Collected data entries
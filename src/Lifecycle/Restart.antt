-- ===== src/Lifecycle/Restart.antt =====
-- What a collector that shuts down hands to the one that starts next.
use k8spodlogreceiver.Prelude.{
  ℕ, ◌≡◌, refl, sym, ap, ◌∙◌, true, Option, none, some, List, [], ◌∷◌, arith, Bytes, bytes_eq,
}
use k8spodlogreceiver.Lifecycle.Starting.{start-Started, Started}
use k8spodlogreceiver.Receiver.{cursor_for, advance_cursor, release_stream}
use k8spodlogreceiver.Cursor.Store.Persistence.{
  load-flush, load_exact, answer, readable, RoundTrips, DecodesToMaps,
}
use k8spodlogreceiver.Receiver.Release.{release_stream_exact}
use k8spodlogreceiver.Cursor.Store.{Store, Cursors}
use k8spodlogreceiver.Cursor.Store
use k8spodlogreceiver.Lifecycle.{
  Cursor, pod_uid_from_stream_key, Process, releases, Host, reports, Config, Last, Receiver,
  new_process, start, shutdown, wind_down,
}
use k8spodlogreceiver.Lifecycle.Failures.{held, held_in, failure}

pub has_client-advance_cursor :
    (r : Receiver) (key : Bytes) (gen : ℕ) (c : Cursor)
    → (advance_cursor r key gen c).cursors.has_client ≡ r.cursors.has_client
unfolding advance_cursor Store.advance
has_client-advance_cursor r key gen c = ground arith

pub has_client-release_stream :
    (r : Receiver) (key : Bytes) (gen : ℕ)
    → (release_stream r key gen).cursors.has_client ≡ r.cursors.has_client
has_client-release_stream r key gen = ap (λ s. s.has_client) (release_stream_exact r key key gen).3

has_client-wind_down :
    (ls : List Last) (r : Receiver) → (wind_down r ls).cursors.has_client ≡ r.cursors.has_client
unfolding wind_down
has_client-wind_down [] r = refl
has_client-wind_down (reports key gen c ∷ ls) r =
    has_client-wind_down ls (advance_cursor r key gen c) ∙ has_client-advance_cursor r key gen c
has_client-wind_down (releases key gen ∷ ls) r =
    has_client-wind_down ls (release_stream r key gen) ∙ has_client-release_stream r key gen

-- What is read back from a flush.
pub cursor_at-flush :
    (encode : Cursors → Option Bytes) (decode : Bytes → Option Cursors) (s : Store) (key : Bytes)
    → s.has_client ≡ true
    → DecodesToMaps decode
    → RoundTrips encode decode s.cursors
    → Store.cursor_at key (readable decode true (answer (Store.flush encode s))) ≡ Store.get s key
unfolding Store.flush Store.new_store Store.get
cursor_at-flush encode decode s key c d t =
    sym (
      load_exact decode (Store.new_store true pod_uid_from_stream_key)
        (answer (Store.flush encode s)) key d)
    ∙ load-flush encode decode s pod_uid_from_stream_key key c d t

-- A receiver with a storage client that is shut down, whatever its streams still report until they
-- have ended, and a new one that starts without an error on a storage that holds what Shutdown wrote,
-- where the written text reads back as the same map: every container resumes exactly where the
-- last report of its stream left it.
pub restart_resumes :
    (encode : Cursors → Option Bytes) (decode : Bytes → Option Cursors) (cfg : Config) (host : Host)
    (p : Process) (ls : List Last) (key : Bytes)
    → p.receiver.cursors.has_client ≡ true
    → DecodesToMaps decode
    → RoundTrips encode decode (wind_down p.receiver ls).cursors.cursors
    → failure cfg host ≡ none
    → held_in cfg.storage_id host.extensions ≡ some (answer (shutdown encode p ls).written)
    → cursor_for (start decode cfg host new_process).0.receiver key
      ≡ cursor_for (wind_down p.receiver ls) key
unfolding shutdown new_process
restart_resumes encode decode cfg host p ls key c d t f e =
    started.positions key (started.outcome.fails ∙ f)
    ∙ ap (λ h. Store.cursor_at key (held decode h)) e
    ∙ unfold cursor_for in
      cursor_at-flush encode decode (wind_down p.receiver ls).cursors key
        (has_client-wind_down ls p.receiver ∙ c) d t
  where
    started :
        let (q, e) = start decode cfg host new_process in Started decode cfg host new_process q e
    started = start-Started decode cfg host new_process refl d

## WHAT NEEDS TO BE DONE
For each line above that contains the word "flush", give the line as it is written.

## ANSWER
  load-flush, load_exact, answer, readable, RoundTrips, DecodesToMaps,
-- What is read back from a flush.
pub cursor_at-flush :
    → Store.cursor_at key (readable decode true (answer (Store.flush encode s))) ≡ Store.get s key
unfolding Store.flush Store.new_store Store.get
cursor_at-flush encode decode s key c d t =
        (answer (Store.flush encode s)) key d)
    ∙ load-flush encode decode s pod_uid_from_stream_key key c d t
      cursor_at-flush encode decode (wind_down p.receiver ls).cursors key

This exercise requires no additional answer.